Je voudrais l’amuser par quelques nouvelles ; mais heureusement la tranquillité de l’Europe n’en fournit point de grandes ; les grandes nouvelles sont presque toujours des malheurs. Je ne sais rien des petites, sinon qu’un chimiste du duc de Deux-Ponts, nommé Bull ou Pull, parent, je crois, d’un de vos ministres, a tenté en vain de créer du salpêtre à Colmar. Il a travaillé à Colmar, pendant trois mois, avec un Saxon nommé le baron de Planitz, et ni l’un ni l’autre n’ont encore réussi dans le secret de perfectionner la manière de tuer les hommes.
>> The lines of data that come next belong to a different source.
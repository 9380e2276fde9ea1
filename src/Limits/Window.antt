-- ===== src/Limits/Window.antt =====
-- `SlidingWindowLimiter.check` of src/rra/api/rate_limiter.py over a run of requests and cleanups.
use mathlib.Core.Path.{ap₂}
use rra_module.Prelude.{
  ℕ, ◌+◌, ◌*◌, ◌≤◌, ◌≡◌, refl, sym, subst, Bool, ◌&&◌, inl, inr, List, [], ◌∷◌, ◌++◌, arith, Text,
  text_key, ◌==◌, ltb, leb, if◌then◌else◌, length, max, Bool-cases,
}
use rra_module.Limits.Backend.{
  second, day, Backend, new_backend, recent, increment_counter, cleanup,
}
use rra_module.Limits.Limiters.{Verdict, SlidingWindowLimiter, verdict, check}
use rra_module.Limits.Counting.{
  times_of, Remembers, Remembers-weaken, new_backend-Remembers, increment_counter-Remembers,
  increment_counter-count, cleanup-Remembers,
}

pub data Event : Type 0 where
  request : Text → ℕ → Event
  clean : ℕ → Event

abbrev pub time_of : Event → ℕ
time_of (request key now) = now
time_of (clean now) = now

-- The times do not decrease.
abbrev pub AreAfter : ℕ → List Event → Type 0
AreAfter now [] = Unit
AreAfter now (e ∷ events) = (now ≤ time_of e) × AreAfter (time_of e) events

-- The answers to the requests.
unfoldable pub run : SlidingWindowLimiter → List Event → Backend → List Verdict
unfolding check cleanup
run l [] b = []
run l (request key now ∷ events) b = let (b', v) = check l key now b in v ∷ run l events b'
run l (clean now ∷ events) b = run l events (cleanup now b)

-- The answers of a limiter that keeps every request and counts those in the window.
abbrev pub ideal_run : SlidingWindowLimiter → List Event → List (Text × ℕ) → List Verdict
unfolding second
ideal_run l [] requests = []
ideal_run l (request key now ∷ events) requests =
    verdict l (length (recent now (l.window * second) (times_of key requests)) + 1)
    ∷ ideal_run l events (requests ++ (key, now) ∷ [])
ideal_run l (clean now ∷ events) requests = ideal_run l events requests

run-ideal_run_from :
    (l : SlidingWindowLimiter) (now : ℕ) (events : List Event) (requests : List (Text × ℕ))
    (b : Backend)
    → l.window * second ≤ day
    → AreAfter now events
    → Remembers (l.window * second) now requests b
    → run l events b ≡ ideal_run l events requests
unfolding run second check cleanup
run-ideal_run_from l now [] requests b w h k = refl
run-ideal_run_from l now (request key t ∷ events) requests b w h k =
    let k' = Remembers-weaken (l.window * second) now t requests b h.0 k in
    ap₂ (λ n rest. verdict l n ∷ rest) (increment_counter-count l.window t key requests b k')
      (run-ideal_run_from l t events (requests ++ (key, t) ∷ [])
        (increment_counter key l.window t b).0 w h.1
        (increment_counter-Remembers l.window t key requests b k'))
run-ideal_run_from l now (clean t ∷ events) requests b w h k =
    run-ideal_run_from l t events requests (cleanup t b) w h.1 (
      cleanup-Remembers (l.window * second) t requests b w
        (Remembers-weaken (l.window * second) now t requests b h.0 k))

-- Over such a run, a sliding window of at most a day gives the same answers as one that keeps
-- every request for good and counts those of the key in the window: what the requests and the
-- cleanups throw away is never missed.
pub run-ideal_run :
    (l : SlidingWindowLimiter) (events : List Event)
    → l.window ≤ 86400
    → AreAfter 0 events
    → run l events new_backend ≡ ideal_run l events []
unfolding second day
run-ideal_run l events w h =
    run-ideal_run_from l 0 events [] new_backend (omega arith) h (new_backend-Remembers _ 0)

-- The time is one from which the look back over the window still sees t.
abbrev pub sees : ℕ → ℕ → ℕ → Bool
sees window now t = leb t now && ltb now (t + window)

-- How many requests of the key in the window were let through.
abbrev pub let_through : ℕ → Text → ℕ → List Event → List Verdict → ℕ
let_through window key now [] answers = 0
let_through window key now (request j t ∷ events) [] = 0
let_through window key now (request j t ∷ events) (v ∷ answers) =
    (if (j == key) && (sees window now t && v.allowed) then 1 else 0)
    + let_through window key now events answers
let_through window key now (clean t ∷ events) answers = let_through window key now events answers

abbrev within : ℕ → Text → ℕ → List (Text × ℕ) → ℕ
within window key now [] = 0
within window key now ((j, t) ∷ requests) =
    (if (j == key) && sees window now t then 1 else 0) + within window key now requests

within-append :
    (window : ℕ) (key : Text) (now : ℕ) (xs ys : List (Text × ℕ))
    → within window key now (xs ++ ys) ≡ within window key now xs + within window key now ys
within-append window key now [] ys = omega arith
within-append window key now ((j, t) ∷ xs) ys = omega (arith, within-append window key now xs ys)

within-le_recent :
    (window : ℕ) (key : Text) (now t : ℕ) (requests : List (Text × ℕ))
    → t ≤ now
    → within window key now requests ≤ length (recent t window (times_of key requests))
within-le_recent window key now t [] h = omega arith
within-le_recent window key now t ((j, s) ∷ requests) h =
    ground (arith, within-le_recent window key now t requests h)

ideal_run-let_through :
    (l : SlidingWindowLimiter) (key : Text) (now : ℕ) (events : List Event)
    (requests : List (Text × ℕ))
    → within (l.window * second) key now requests
        + let_through (l.window * second) key now events (ideal_run l events requests)
      ≤ max l.limit (within (l.window * second) key now requests)
unfolding second
ideal_run-let_through l key now [] requests = ground arith
ideal_run-let_through l key now (clean t ∷ events) requests =
    ideal_run-let_through l key now events requests
ideal_run-let_through l key now (request j t ∷ events) requests =
    let rest = ideal_run-let_through l key now events (requests ++ (j, t) ∷ []) in
    let split = within-append (l.window * second) key now requests ((j, t) ∷ []) in
    elim (Bool-cases (j == key)) [
      | inl hit ↦ elim (Bool-cases (sees (l.window * second) now t)) [
        | inl seen ↦
            let before : t ≤ now = ground (arith, seen) in
            let e : j ≡ key = (text_key.same_iff j key).0 hit in
            let fits : within (l.window * second) key now requests
                ≤ length (recent t (l.window * second) (times_of j requests)) =
              subst
                (λ k.
                  within (l.window * second) key now requests
                  ≤ length (recent t (l.window * second) (times_of k requests)))
                (sym e) (within-le_recent (l.window * second) key now t requests before) in
            ground (arith, hit, seen, fits, rest, split)
        | inr missed ↦ ground (arith, hit, missed, rest, split)
      ]
      | inr miss ↦ ground (arith, miss, rest, split)
    ]

-- Over any run of requests and cleanups from an empty backend, at times that do not decrease, a
-- sliding window of at most a day lets at most its limit of requests of one key through in
-- every stretch of time as long as the window.
pub run-let_through :
    (l : SlidingWindowLimiter) (key : Text) (now : ℕ) (events : List Event)
    → l.window ≤ 86400
    → AreAfter 0 events
    → let_through (l.window * second) key now events (run l events new_backend) ≤ l.limit
unfolding second
run-let_through l key now events w h =
    rw (run-ideal_run l events w h)
      (let bound = ideal_run-let_through l key now events [] in omega (arith, bound))
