-- ===== src/Limits/Minute.antt =====
-- How many requests of a client pass `RateLimiter.check_rate_limit` of src/rra/api/rate_limiter.py in
-- a minute.
use rra_module.Prelude.{
  ℕ, ◌+◌, ◌*◌, ◌≤◌, ◌<◌, ◌≡◌, refl, ◌∙◌, ap, subst, false, ◌&&◌, inl, inr, List, [], ◌∷◌, ◌++◌,
  arith, Text, text_key, ◌==◌, leb, if◌then◌else◌, length, length-append, max, Bool-cases,
}
use rra_module.Limits.Backend.{second, new_backend, counted, recent}
use rra_module.Limits.Limiters.{SlidingWindowLimiter, RateLimitConfig, RateLimiter, new_limiter}
use rra_module.Limits.Requests.{Request, minute_prefix, get_client_key, check_rate_limit}
use rra_module.Limits.Window.{sees}
use rra_module.Limits.Chain.{is_let_by, check_rate_limit-Counted}

-- The times do not decrease.
abbrev pub AreInOrder : ℕ → List (Request × ℕ) → Type 0
AreInOrder now [] = Unit
AreInOrder now ((r, t) ∷ requests) = (now ≤ t) × AreInOrder t requests

-- How many of the times are seen from `end`.
abbrev seen : ℕ → ℕ → List ℕ → ℕ
seen window end [] = 0
seen window end (t ∷ times) = (if sees window end t then 1 else 0) + seen window end times

seen-append :
    (window end : ℕ) (xs ys : List ℕ)
    → seen window end (xs ++ ys) ≡ seen window end xs + seen window end ys
seen-append window end [] ys = omega arith
seen-append window end (x ∷ xs) ys = omega (arith, seen-append window end xs ys)

seen-recent :
    (window end now : ℕ) (times : List ℕ)
    → now ≤ end
    → seen window end (recent now window times) ≡ seen window end times
seen-recent window end now [] h = refl
seen-recent window end now (t ∷ times) h = ground (arith, seen-recent window end now times h)

seen-le_length : (window end : ℕ) (times : List ℕ) → seen window end times ≤ length times
seen-le_length window end [] = omega arith
seen-le_length window end (t ∷ times) = ground (arith, seen-le_length window end times)

-- A counter to which a time was added, after what was out of the window has gone.
seen-counted :
    (window end now : ℕ) (before after : List ℕ)
    → now ≤ end
    → after ≡ recent now window before ++ now ∷ []
    → seen window end after ≡ seen window end before + (if sees window end now then 1 else 0)
seen-counted window end now before after le e =
    let split = seen-append window end (recent now window before) (now ∷ []) in
    let kept = seen-recent window end now before le in ap (seen window end) e ∙ omega arith

seen-lt_limit :
    (window end now limit : ℕ) (before : List ℕ)
    → now ≤ end
    → length (recent now window before ++ now ∷ []) ≤ limit
    → seen window end before < limit
seen-lt_limit window end now limit before le fits =
    let longer = length-append (recent now window before) (now ∷ []) in
    let kept = seen-recent window end now before le in
    let short = seen-le_length window end (recent now window before) in omega arith

module _ (hexdigest strip : Text → Text) (client : Text) (end : ℕ) where
  -- How many requests of the client, at times in the minute up to `end`, pass the limits.
  unfoldable pub let_in : List (Request × ℕ) → RateLimiter → ℕ
  let_in [] m = 0
  let_in ((r, now) ∷ requests) m =
      let rest = let_in requests (check_rate_limit hexdigest strip r now m).0 in
      (if (is_let_by (check_rate_limit hexdigest strip r now m).1
            && (get_client_key hexdigest strip r == client))
          && sees (60 * second) end now
        then 1
        else 0)
      + rest

  let_in-late :
      (now : ℕ) (requests : List (Request × ℕ)) (m : RateLimiter)
      → end < now
      → AreInOrder now requests
      → let_in requests m ≡ 0
  unfolding let_in
  let_in-late now [] m late h = refl
  let_in-late now ((r, t) ∷ requests) m late h =
      let rest =
        let_in-late t requests (check_rate_limit hexdigest strip r t m).0 (omega arith) h.1 in
      let unseen : sees (60 * second) end t ≡ false = ground arith in ground (arith, rest, unseen)

  let_in-seen :
      (l : SlidingWindowLimiter) (now : ℕ) (requests : List (Request × ℕ)) (m : RateLimiter)
      → m.minute_limiter ≡ l
      → l.window ≡ 60
      → AreInOrder now requests
      → seen (60 * second) end (counted (minute_prefix ++ client) m.backend.counters)
          + let_in requests m
        ≤ max l.limit
            (seen (60 * second) end (counted (minute_prefix ++ client) m.backend.counters))
  unfolding let_in
  let_in-seen l now [] m e w h = ground arith
  let_in-seen l now ((r, t) ∷ requests) m e w h =
      let m' = (check_rate_limit hexdigest strip r t m).0 in
      let v = (check_rate_limit hexdigest strip r t m).1 in
      let (frame, cases) = check_rate_limit-Counted hexdigest strip client r t m in
      let rest = let_in-seen l t requests m' (frame ∙ e) w h.1 in
      elim (Bool-cases (leb t end)) [
        | inr late ↦
            let none_in =
              let_in-late t ((r, t) ∷ requests) m (ground (arith, late)) (omega arith, h.1) in
            omega (arith, none_in)
        | inl early ↦ elim cases [
          | inl (same, unpassed) ↦ ground (arith, unpassed, rest, ap (seen (60 * second) end) same)
          | inr (more, fits) ↦
              let before = counted (minute_prefix ++ client) m.backend.counters in
              let after = counted (minute_prefix ++ client) m'.backend.counters in
              let wide : m.minute_limiter.window ≡ 60 =
                ap (λ (x : SlidingWindowLimiter). x.window) e ∙ w in
              let le : t ≤ end = ground (arith, early) in
              let grown =
                seen-counted (60 * second) end t before after le
                  (more ∙ ap (λ n. recent t (n * second) before ++ t ∷ []) wide) in
              elim (Bool-cases (is_let_by v)) [
                | inr stopped ↦ ground (arith, stopped, rest, grown)
                | inl passed ↦
                    let limit_is : m.minute_limiter.limit ≡ l.limit =
                      ap (λ (x : SlidingWindowLimiter). x.limit) e in
                    let low = seen-lt_limit (60 * second) end t m.minute_limiter.limit before le (
                      subst
                        (λ n.
                          length (recent t (n * second) before ++ t ∷ []) ≤ m.minute_limiter.limit)
                        wide (fits passed)) in
                    ground (arith, passed, rest, grown, low, limit_is)
              ]
        ]
      ]

-- Over any run of requests to a new limiter, at times that do not decrease, at most
-- requests_per_minute requests of one client that are not for an exempt path pass in any
-- minute, whatever the token bucket, the other windows and the other clients do.
pub let_in-new_limiter :
    (hexdigest strip : Text → Text) (client : Text) (end : ℕ) (requests : List (Request × ℕ))
    (c : RateLimitConfig)
    → AreInOrder 0 requests
    → let_in hexdigest strip client end requests (new_limiter c) ≤ c.requests_per_minute
unfolding new_limiter new_backend
let_in-new_limiter hexdigest strip client end requests c h =
    let bound =
      let_in-seen hexdigest strip client end (record { limit = c.requests_per_minute; window = 60 })
        0 requests (new_limiter c) refl refl h in
    omega (arith, bound)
On croit avoir découvert, à Londres et à Paris, l’art de rendre l’eau de la mer potable, et on pourrait bien n’y pas réussir davantage. De bons livres nouveaux, il n’y en a point. Il en paraît quelques-uns sur le commerce : on les dit de quelque utilité ; mais il ne se fait plus de livres agréables.

Il semble que depuis quelque temps les livres ne soient composés que pour des marchands et des apothicaires. Tout roule sur la physique et sur le négoce. Cela n’est guère amusant pour une princesse pleine d’esprit et de sentiment, qui veut nourrir son âme. Il faut s’en tenir aux bons ouvrages du siècle passé. Vos propres réflexions, madame, vaudront mieux que tout ce qu’on fait aujourd’hui. Que ne puis-je être à portée d’admirer de près votre belle âme, tous vos sentiments, votre manière judicieuse de penser ! Que ne puis-je renouveler à vos pieds le profond respect et le culte que mon âme a voués à la vôtre !

  1. Cette lettre est dans Beuchot classée au 15 mai. MM. E. Bavoux et A. François ont rétabli sa véritable date, ainsi qu’un dernier alinéa toujours omis.